- **Task requirements**: Print out every entry, keeping each line identical to the original.

- **Saved data entries**:
• • • • • • •

-- ===== src/Bus/Framing/Stream.antt =====
-- How the stream is cut into chunks makes no difference to what a reader hands on.
use mathlib.Core.List.{append-nil, append_assoc}
use pi_persona.Base.{
  ℕ, zero, suc, ◌+◌, ◌≤◌, ◌<◌, ◌≡◌, refl, Bool, true, false, Option, List, [], ◌∷◌, ◌++◌, arith,
  length, length-append, length-drop, drop, flatten, Bool-cases, lt_or_le, inl, inr,
}
use pi_persona.Bus.Framing.{
  Bytes, max_frame_bytes, read_uint32_be, Event, Reader, new_reader, deliver_object, drain, feed,
  feed_all,
}
use pi_persona.Bus.Framing.Agreement.{
  read_uint32_be-append, drop-append, take-append, Agree, then_more, Agree-refl, Agree-trans,
  Agree-then_all, Agree-then_more,
}
use pi_persona.Bus.Framing.Rounds.{
  body, behind, drain_agree, drain_no_header, drain_too_large, drain_no_body, drain_refused,
  drain_taken,
}

module _ {J : Type 0} (parse : Bytes → Option J) (on_frame : J → Bool) where
  abbrev continue : Reader × List (Event J) → Bytes → Reader × List (Event J)
  continue x more = then_more x.1 (feed parse on_frame x.0 more)

  goes_on :
      (f : ℕ) (buf more : Bytes)
      → length (buf ++ more) < f
      → Agree
          (continue (record { buf = buf; poisoned = false }, []) more)
          (drain parse on_frame f (buf ++ more))
  unfolding feed
  goes_on f buf more h =
      rw (drain_agree parse on_frame f (suc (length (buf ++ more))) (buf ++ more) h (omega arith))
        (Agree-refl _)

  stopped :
      (buf buf' more : Bytes) (e : Event J)
      → Agree
          (continue (record { buf = buf; poisoned = true }, e ∷ []) more)
          (record { buf = buf'; poisoned = true }, e ∷ [])
  unfolding feed
  stopped buf buf' more e = record { events = refl; verdict = refl; kept = λ h. cc }

  body-append :
      (buf more : Bytes) → 4 + read_uint32_be buf ≤ length buf → body (buf ++ more) ≡ body buf
  body-append buf more h =
      rw (read_uint32_be-append buf more (omega arith), drop-append 4 buf more (omega arith))
        (take-append (read_uint32_be buf) (drop 4 buf) more (omega (arith, length-drop 4 buf)))

  behind-append :
      (buf more : Bytes)
      → 4 + read_uint32_be buf ≤ length buf
      → behind (buf ++ more) ≡ behind buf ++ more
  behind-append buf more h =
      rw (read_uint32_be-append buf more (omega arith))
        (drop-append (4 + read_uint32_be buf) buf more h)

  module _ (g f : ℕ) (buf more : Bytes) where
    too_large_append :
        4 ≤ length buf
        → max_frame_bytes < read_uint32_be buf
        → Agree
            (continue (drain parse on_frame (suc g) buf) more)
            (drain parse on_frame (suc f) (buf ++ more))
    too_large_append h k =
        let same = read_uint32_be-append buf more h in
        rw
          (
            drain_too_large parse on_frame g buf h k,
            drain_too_large parse on_frame f (buf ++ more) (omega (arith, length-append buf more))
                (rw same k),
            same,
          )
          (stopped buf (buf ++ more) more _)

    whole_append :
        4 + read_uint32_be buf ≤ length buf
        → read_uint32_be buf ≤ max_frame_bytes
        → Agree
            (continue (drain parse on_frame g (behind buf)) more)
            (drain parse on_frame f (behind buf ++ more))
        → Agree
            (continue (drain parse on_frame (suc g) buf) more)
            (drain parse on_frame (suc f) (buf ++ more))
    whole_append h k ih =
        let same = read_uint32_be-append buf more (omega arith) in
        let length' = length-append buf more in
        let body' : body (buf ++ more) ≡ body buf = body-append buf more h in
        let behind' : behind (buf ++ more) ≡ behind buf ++ more = behind-append buf more h in
        let h' : 4 + read_uint32_be (buf ++ more) ≤ length (buf ++ more) = rw same (omega arith) in
        let k' : read_uint32_be (buf ++ more) ≤ max_frame_bytes = rw same k in
        elim (Bool-cases (deliver_object parse on_frame (parse (body buf))).1) [
          | inl ok ↦
              rw
                (
                  drain_taken parse on_frame g buf h k ok,
                  drain_taken parse on_frame f (buf ++ more) h' k' (rw body' ok),
                  body',
                  behind',
                )
                (Agree-then_more _ _ _ ih)
          | inr bad ↦
              rw
                (
                  drain_refused parse on_frame g buf h k bad,
                  drain_refused parse on_frame f (buf ++ more) h' k' (rw body' bad),
                  body',
                )
                (stopped (behind buf) (behind (buf ++ more)) more _)
        ]

  drain-append :
      (g f : ℕ) (buf more : Bytes)
      → length buf < g
      → length (buf ++ more) < f
      → Agree (continue (drain parse on_frame g buf) more) (drain parse on_frame f (buf ++ more))
  drain-append zero f buf more h k = absurd (omega arith)
  drain-append (suc g) zero buf more h k = absurd (omega arith)
  drain-append (suc g) (suc f) buf more h k = elim (lt_or_le (length buf) 4) [
    | inl short ↦ rw (drain_no_header parse on_frame g buf short) (goes_on (suc f) buf more k)
    | inr header ↦ elim (lt_or_le max_frame_bytes (read_uint32_be buf)) [
      | inl large ↦ too_large_append g f buf more header large
      | inr small ↦ elim (lt_or_le (length buf) (4 + read_uint32_be buf)) [
        | inl short ↦
            rw (drain_no_body parse on_frame g buf header small short) (goes_on (suc f) buf more k)
        | inr whole ↦ whole_append g f buf more whole small (
            drain-append g f (behind buf) more
              (omega (arith, length-drop (4 + read_uint32_be buf) buf))
              (omega (
                arith,
                length-drop (4 + read_uint32_be buf) buf,
                length-append buf more,
                length-append (behind buf) more,
              )))
      ]
    ]
  ]

  feed-append_from :
      (buf : Bytes) (poisoned : Bool) (a b : Bytes)
      → let r : Reader = record { buf = buf; poisoned = poisoned } in
        Agree (continue (feed parse on_frame r a) b) (feed parse on_frame r (a ++ b))
  unfolding feed
  feed-append_from buf true a b = Agree-refl _
  feed-append_from buf false a b =
      rw (← append_assoc buf a b)
        (unfold feed in drain-append _ _ (buf ++ a) b (omega arith) (omega arith))

  -- One chunk in two parts is handed on as the whole.
  feed-append :
      (r : Reader) (a b : Bytes)
      → Agree (continue (feed parse on_frame r a) b) (feed parse on_frame r (a ++ b))
  feed-append r = feed-append_from r.buf r.poisoned

  pub feed_all-flatten_from :
      (r : Reader) (a : Bytes) (chunks : List Bytes)
      → Agree (feed_all parse on_frame r (a ∷ chunks)) (feed parse on_frame r (a ++ flatten chunks))
  unfolding feed_all
  feed_all-flatten_from r a [] =
      rw (append-nil a, append-nil (feed parse on_frame r a).1)
        (Agree-refl (feed parse on_frame r a))
  feed_all-flatten_from r a (b ∷ chunks) =
      Agree-trans
        (Agree-then_all (feed parse on_frame r a).1
          (feed_all-flatten_from (feed parse on_frame r a).0 b chunks))
        (feed-append r a (b ++ flatten chunks))

  -- A new reader that is fed a stream in chunks hands on what it would of the stream in one piece:
  -- the same frames and errors in the same order, the same verdict, and, unless it is poisoned, the
  -- same bytes kept.
  pub feed_all-flatten :
      (chunks : List Bytes)
      → Agree
          (feed_all parse on_frame new_reader chunks)
          (feed parse on_frame new_reader (flatten chunks))
  feed_all-flatten [] = unfold feed_all feed drain in Agree-refl _
  feed_all-flatten (a ∷ chunks) = feed_all-flatten_from new_reader a chunks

• • • • • • •

- **Task solution**:
-- ===== src/Bus/Framing/Stream.antt =====
-- How the stream is cut into chunks makes no difference to what a reader hands on.
use mathlib.Core.List.{append-nil, append_assoc}
use pi_persona.Base.{
  ℕ, zero, suc, ◌+◌, ◌≤◌, ◌<◌, ◌≡◌, refl, Bool, true, false, Option, List, [], ◌∷◌, ◌++◌, arith,
  length, length-append, length-drop, drop, flatten, Bool-cases, lt_or_le, inl, inr,
}
use pi_persona.Bus.Framing.{
  Bytes, max_frame_bytes, read_uint32_be, Event, Reader, new_reader, deliver_object, drain, feed,
  feed_all,
}
use pi_persona.Bus.Framing.Agreement.{
  read_uint32_be-append, drop-append, take-append, Agree, then_more, Agree-refl, Agree-trans,
  Agree-then_all, Agree-then_more,
}
use pi_persona.Bus.Framing.Rounds.{
  body, behind, drain_agree, drain_no_header, drain_too_large, drain_no_body, drain_refused,
  drain_taken,
}

module _ {J : Type 0} (parse : Bytes → Option J) (on_frame : J → Bool) where
  abbrev continue : Reader × List (Event J) → Bytes → Reader × List (Event J)
  continue x more = then_more x.1 (feed parse on_frame x.0 more)

  goes_on :
      (f : ℕ) (buf more : Bytes)
      → length (buf ++ more) < f
      → Agree
          (continue (record { buf = buf; poisoned = false }, []) more)
          (drain parse on_frame f (buf ++ more))
  unfolding feed
  goes_on f buf more h =
      rw (drain_agree parse on_frame f (suc (length (buf ++ more))) (buf ++ more) h (omega arith))
        (Agree-refl _)

  stopped :
      (buf buf' more : Bytes) (e : Event J)
      → Agree
          (continue (record { buf = buf; poisoned = true }, e ∷ []) more)
          (record { buf = buf'; poisoned = true }, e ∷ [])
  unfolding feed
  stopped buf buf' more e = record { events = refl; verdict = refl; kept = λ h. cc }

  body-append :
      (buf more : Bytes) → 4 + read_uint32_be buf ≤ length buf → body (buf ++ more) ≡ body buf
  body-append buf more h =
      rw (read_uint32_be-append buf more (omega arith), drop-append 4 buf more (omega arith))
        (take-append (read_uint32_be buf) (drop 4 buf) more (omega (arith, length-drop 4 buf)))

  behind-append :
      (buf more : Bytes)
      → 4 + read_uint32_be buf ≤ length buf
      → behind (buf ++ more) ≡ behind buf ++ more
  behind-append buf more h =
      rw (read_uint32_be-append buf more (omega arith))
        (drop-append (4 + read_uint32_be buf) buf more h)

  module _ (g f : ℕ) (buf more : Bytes) where
    too_large_append :
        4 ≤ length buf
        → max_frame_bytes < read_uint32_be buf
        → Agree
            (continue (drain parse on_frame (suc g) buf) more)
            (drain parse on_frame (suc f) (buf ++ more))
    too_large_append h k =
        let same = read_uint32_be-append buf more h in
        rw
          (
            drain_too_large parse on_frame g buf h k,
            drain_too_large parse on_frame f (buf ++ more) (omega (arith, length-append buf more))
                (rw same k),
            same,
          )
          (stopped buf (buf ++ more) more _)

    whole_append :
        4 + read_uint32_be buf ≤ length buf
        → read_uint32_be buf ≤ max_frame_bytes
        → Agree
            (continue (drain parse on_frame g (behind buf)) more)
            (drain parse on_frame f (behind buf ++ more))
        → Agree
            (continue (drain parse on_frame (suc g) buf) more)
            (drain parse on_frame (suc f) (buf ++ more))
    whole_append h k ih =
        let same = read_uint32_be-append buf more (omega arith) in
        let length' = length-append buf more in
        let body' : body (buf ++ more) ≡ body buf = body-append buf more h in
        let behind' : behind (buf ++ more) ≡ behind buf ++ more = behind-append buf more h in
        let h' : 4 + read_uint32_be (buf ++ more) ≤ length (buf ++ more) = rw same (omega arith) in
        let k' : read_uint32_be (buf ++ more) ≤ max_frame_bytes = rw same k in
        elim (Bool-cases (deliver_object parse on_frame (parse (body buf))).1) [
          | inl ok ↦
              rw
                (
                  drain_taken parse on_frame g buf h k ok,
                  drain_taken parse on_frame f (buf ++ more) h' k' (rw body' ok),
                  body',
                  behind',
                )
                (Agree-then_more _ _ _ ih)
          | inr bad ↦
              rw
                (
                  drain_refused parse on_frame g buf h k bad,
                  drain_refused parse on_frame f (buf ++ more) h' k' (rw body' bad),
                  body',
                )
                (stopped (behind buf) (behind (buf ++ more)) more _)
        ]

  drain-append :
      (g f : ℕ) (buf more : Bytes)
      → length buf < g
      → length (buf ++ more) < f
      → Agree (continue (drain parse on_frame g buf) more) (drain parse on_frame f (buf ++ more))
  drain-append zero f buf more h k = absurd (omega arith)
  drain-append (suc g) zero buf more h k = absurd (omega arith)
  drain-append (suc g) (suc f) buf more h k = elim (lt_or_le (length buf) 4) [
    | inl short ↦ rw (drain_no_header parse on_frame g buf short) (goes_on (suc f) buf more k)
    | inr header ↦ elim (lt_or_le max_frame_bytes (read_uint32_be buf)) [
      | inl large ↦ too_large_append g f buf more header large
      | inr small ↦ elim (lt_or_le (length buf) (4 + read_uint32_be buf)) [
        | inl short ↦
            rw (drain_no_body parse on_frame g buf header small short) (goes_on (suc f) buf more k)
        | inr whole ↦ whole_append g f buf more whole small (
            drain-append g f (behind buf) more
              (omega (arith, length-drop (4 + read_uint32_be buf) buf))
              (omega (
                arith,
                length-drop (4 + read_uint32_be buf) buf,
                length-append buf more,
                length-append (behind buf) more,
              )))
      ]
    ]
  ]

  feed-append_from :
      (buf : Bytes) (poisoned : Bool) (a b : Bytes)
      → let r : Reader = record { buf = buf; poisoned = poisoned } in
        Agree (continue (feed parse on_frame r a) b) (feed parse on_frame r (a ++ b))
  unfolding feed
  feed-append_from buf true a b = Agree-refl _
  feed-append_from buf false a b =
      rw (← append_assoc buf a b)
        (unfold feed in drain-append _ _ (buf ++ a) b (omega arith) (omega arith))

  -- One chunk in two parts is handed on as the whole.
  feed-append :
      (r : Reader) (a b : Bytes)
      → Agree (continue (feed parse on_frame r a) b) (feed parse on_frame r (a ++ b))
  feed-append r = feed-append_from r.buf r.poisoned

  pub feed_all-flatten_from :
      (r : Reader) (a : Bytes) (chunks : List Bytes)
      → Agree (feed_all parse on_frame r (a ∷ chunks)) (feed parse on_frame r (a ++ flatten chunks))
  unfolding feed_all
  feed_all-flatten_from r a [] =
      rw (append-nil a, append-nil (feed parse on_frame r a).1)
        (Agree-refl (feed parse on_frame r a))
  feed_all-flatten_from r a (b ∷ chunks) =
      Agree-trans
        (Agree-then_all (feed parse on_frame r a).1
          (feed_all-flatten_from (feed parse on_frame r a).0 b chunks))
        (feed-append r a (b ++ flatten chunks))

  -- A new reader that is fed a stream in chunks hands on what it would of the stream in one piece:
  -- the same frames and errors in the same order, the same verdict, and, unless it is poisoned, the
  -- same bytes kept.
  pub feed_all-flatten :
      (chunks : List Bytes)
      → Agree
          (feed_all parse on_frame new_reader chunks)
          (feed parse on_frame new_reader (flatten chunks))
  feed_all-flatten [] = unfold feed_all feed drain in Agree-refl _
  feed_all-flatten (a ∷ chunks) = feed_all-flatten_from new_reader a chunks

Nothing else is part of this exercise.